►

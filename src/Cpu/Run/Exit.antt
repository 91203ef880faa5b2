-- ===== src/Cpu/Run/Exit.antt =====
-- The case `default` of `vcpu_run`: a system call, or the end of the run.
use masters_proj.Prelude.{
  ◌≡◌, ◌≢◌, refl, ◌⊎◌, inl, inr, ◌↔◌, Bool-cases, true, arith, sym, subst, ◌∙◌,
}
use masters_proj.Prelude.{ℕ, ◌+◌, ◌-◌, ◌≤◌, ◌<◌, ◌==◌, ◌&&◌, ltb, Option-cases, some, false≢true}
use masters_proj.Prelude.Bytes.{le_bytes, le_value}
use masters_proj.Mem.State.{Mem}
use masters_proj.Mem.Gpa.{gpa_to_hva}
use masters_proj.Mem.Gpa.Layout.{IsValid}
use masters_proj.Mem.Access.View.{view}
use masters_proj.Mem.Access.Abstract.{PartialMap, read_map, vm_mem_read-read_map}
use masters_proj.Mem.Paging.{gva_to_gpa}
use masters_proj.Cpu.State.{Reg, rip, rax, rcx, Works, rreg-wreg_same, rreg-wreg_other, rreg-lt}
use masters_proj.Cpu.Syscall.{
  Outcome, handled, quit, failed, Env, Machine, reg, set_reg, emu_syscall,
}
use masters_proj.Cpu.Syscall.Ends.{Keeps}
use masters_proj.Cpu.Syscall.Effect.{emu_syscall-Ends}
use masters_proj.Cpu.Run.{at_syscall, stop_unless, exit_other}

-- The guest goes on behind its `syscall`: all registers but RIP and RAX are as they were, and so
-- are the regions and the root table.
pub record Returned (env : Env) (s s' : Machine env) : Type 0 where
  pub resumed : reg env s' rip ≡ reg env s rcx
  pub regs : (r : Reg) → rip ≢ r → rax ≢ r → reg env s' r ≡ reg env s r
  pub regions : s'.mem.regions ≡ s.mem.regions
  pub pml4 : s'.mem.pml4 ≡ s.mem.pml4
  pub pml4_gpa : s'.mem.pml4_gpa ≡ s.mem.pml4_gpa

-- The instruction before the address in RCX is `syscall`: its two bytes, 0f and 05, stand in guest
-- memory from the physical address of RCX - 2 on.
abbrev pub AtSyscall : (env : Env) → Machine env → Type 0
AtSyscall env s =
    let gpa = gva_to_gpa env.locals s.mem (reg env s rcx - 2) in
    (2 ≤ reg env s rcx) × (view s.mem gpa ≡ some 0x0f) × (view s.mem (gpa + 1) ≡ some 0x05)

-- The test of two bytes that are read as a little-endian number.
opcode_iff :
    (v : PartialMap) (g n : ℕ)
    → ((a x : ℕ) → v a ≡ some x → x < 256)
    → let op = read_map v g (le_bytes 2 0) in
      ((ltb 1 n && (op.0 == 2 && le_value op.1 == 0x050f)) ≡ true)
      ↔ ((2 ≤ n) × (v g ≡ some 0x0f) × (v (g + 1) ≡ some 0x05))
unfolding read_map
opcode_iff v g n byte = elim (Option-cases (v g)) [
  | inl e ↦ rw e (λ h. absurd (ground arith), λ h. absurd (ground arith))
  | inr (x, e) ↦ elim (Option-cases (v (g + 1))) [
    | inl k ↦ rw (e, k) (λ h. absurd (ground arith), λ h. absurd (ground arith))
    | inr (y, k) ↦ let small = byte g x e in rw (e, k) (λ h. ground arith, λ h. ground arith)
  ]
]

view-lt : (s : Mem) → ((a : ℕ) → s.bytes a < 256) → (a x : ℕ) → view s a ≡ some x → x < 256
unfolding view
view-lt s byte a x e = ground (arith, byte (gpa_to_hva s a))

at_syscall-AtSyscall :
    (env : Env) (s : Machine env)
    → IsValid s.mem.regions
    → ((a : ℕ) → s.mem.bytes a < 256)
    → (at_syscall env s ≡ true) ↔ AtSyscall env s
unfolding at_syscall
at_syscall-AtSyscall env s valid byte =
    let gpa = gva_to_gpa env.locals s.mem (reg env s rcx - 2) in
    rw (vm_mem_read-read_map s.mem gpa (le_bytes 2 0) valid)
      (opcode_iff (view s.mem) gpa (reg env s rcx) (view-lt s.mem byte))

-- `stop` after a system call.
stop_unless-state : {env : Env} (r : Outcome × Machine env) → (stop_unless env r).1 ≡ r.1
stop_unless-state (handled, s) = refl
stop_unless-state (quit, s) = refl
stop_unless-state (failed, s) = refl

stop_unless_iff :
    {env : Env} (r : Outcome × Machine env) → ((stop_unless env r).0 ≡ 0) ↔ (r.0 ≡ handled)
stop_unless_iff (handled, s) = (λ _. refl, λ _. refl)
stop_unless_iff (quit, s) = (λ e. absurd (omega arith), λ e. cc)
stop_unless_iff (failed, s) = (λ e. absurd (omega arith), λ e. cc)

module _ (env : Env) (works : Works env.hv) (s : Machine env) where
  abbrev pub called : Machine env
  called = set_reg env rip (reg env s rcx) s

  Keeps-Returned : (s' : Machine env) → Keeps env called s' → Returned env s s'
  Keeps-Returned s' k = record {
    resumed =
        k.regs rip (λ e. cc)
        ∙ rreg-wreg_same env.hv works s.cpu (reg env s rcx) rip (rreg-lt env.hv works s.cpu rcx);
    regs = λ r n₁ n₂. k.regs r n₂ ∙ rreg-wreg_other env.hv works s.cpu (reg env s rcx) rip r n₁;
    regions = k.regions;
    pml4 = k.pml4;
    pml4_gpa = k.pml4_gpa;
  }

  -- On a CPU whose calls succeed, with well-formed regions and a host memory of bytes: an exit with
  -- no case of its own stops the run and changes nothing unless RCX is at least 2 and the bytes 0f
  -- and 05 of `syscall` stand in guest memory from the physical address of RCX - 2 on. If they do,
  -- RIP takes the address in RCX, no other register but RAX and neither the regions nor the root
  -- table change, and the run goes on exactly if the call was handled.
  pub exit_other-Returned :
      IsValid s.mem.regions
      → ((a : ℕ) → s.mem.bytes a < 256)
      → ((¬ AtSyscall env s) × (exit_other env s ≡ (1, s)))
        ⊎ (AtSyscall env s
            × Returned env s (exit_other env s).1
            × (((exit_other env s).0 ≡ 0) ↔ ((emu_syscall env called).0 ≡ handled)))
  unfolding exit_other
  exit_other-Returned valid byte = elim (Bool-cases (at_syscall env s)) [
    | inr no_call ↦
        let never = λ (at : AtSyscall env s).
          false≢true (sym no_call ∙ (at_syscall-AtSyscall env s valid byte).1 at) in
        inl (never, rw no_call refl)
    | inl call ↦
        let r = emu_syscall env called in
        let keeps = (emu_syscall-Ends env works called).0.keeps in
        let at = (at_syscall-AtSyscall env s valid byte).0 call in
        inr (
          rw call (
            at,
            subst (Returned env s) (sym (stop_unless-state r)) (Keeps-Returned r.1 keeps),
            stop_unless_iff r,
          ))
  ]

◄

Requirement: Using the entries above, return exactly the lines from the line with "unfolding read_map" to the line with "(r.0 ≡ handled)", counting both of those lines.

Reply:
unfolding read_map
opcode_iff v g n byte = elim (Option-cases (v g)) [
  | inl e ↦ rw e (λ h. absurd (ground arith), λ h. absurd (ground arith))
  | inr (x, e) ↦ elim (Option-cases (v (g + 1))) [
    | inl k ↦ rw (e, k) (λ h. absurd (ground arith), λ h. absurd (ground arith))
    | inr (y, k) ↦ let small = byte g x e in rw (e, k) (λ h. ground arith, λ h. ground arith)
  ]
]

view-lt : (s : Mem) → ((a : ℕ) → s.bytes a < 256) → (a x : ℕ) → view s a ≡ some x → x < 256
unfolding view
view-lt s byte a x e = ground (arith, byte (gpa_to_hva s a))

at_syscall-AtSyscall :
    (env : Env) (s : Machine env)
    → IsValid s.mem.regions
    → ((a : ℕ) → s.mem.bytes a < 256)
    → (at_syscall env s ≡ true) ↔ AtSyscall env s
unfolding at_syscall
at_syscall-AtSyscall env s valid byte =
    let gpa = gva_to_gpa env.locals s.mem (reg env s rcx - 2) in
    rw (vm_mem_read-read_map s.mem gpa (le_bytes 2 0) valid)
      (opcode_iff (view s.mem) gpa (reg env s rcx) (view-lt s.mem byte))

-- `stop` after a system call.
stop_unless-state : {env : Env} (r : Outcome × Machine env) → (stop_unless env r).1 ≡ r.1
stop_unless-state (handled, s) = refl
stop_unless-state (quit, s) = refl
stop_unless-state (failed, s) = refl

stop_unless_iff :
    {env : Env} (r : Outcome × Machine env) → ((stop_unless env r).0 ≡ 0) ↔ (r.0 ≡ handled)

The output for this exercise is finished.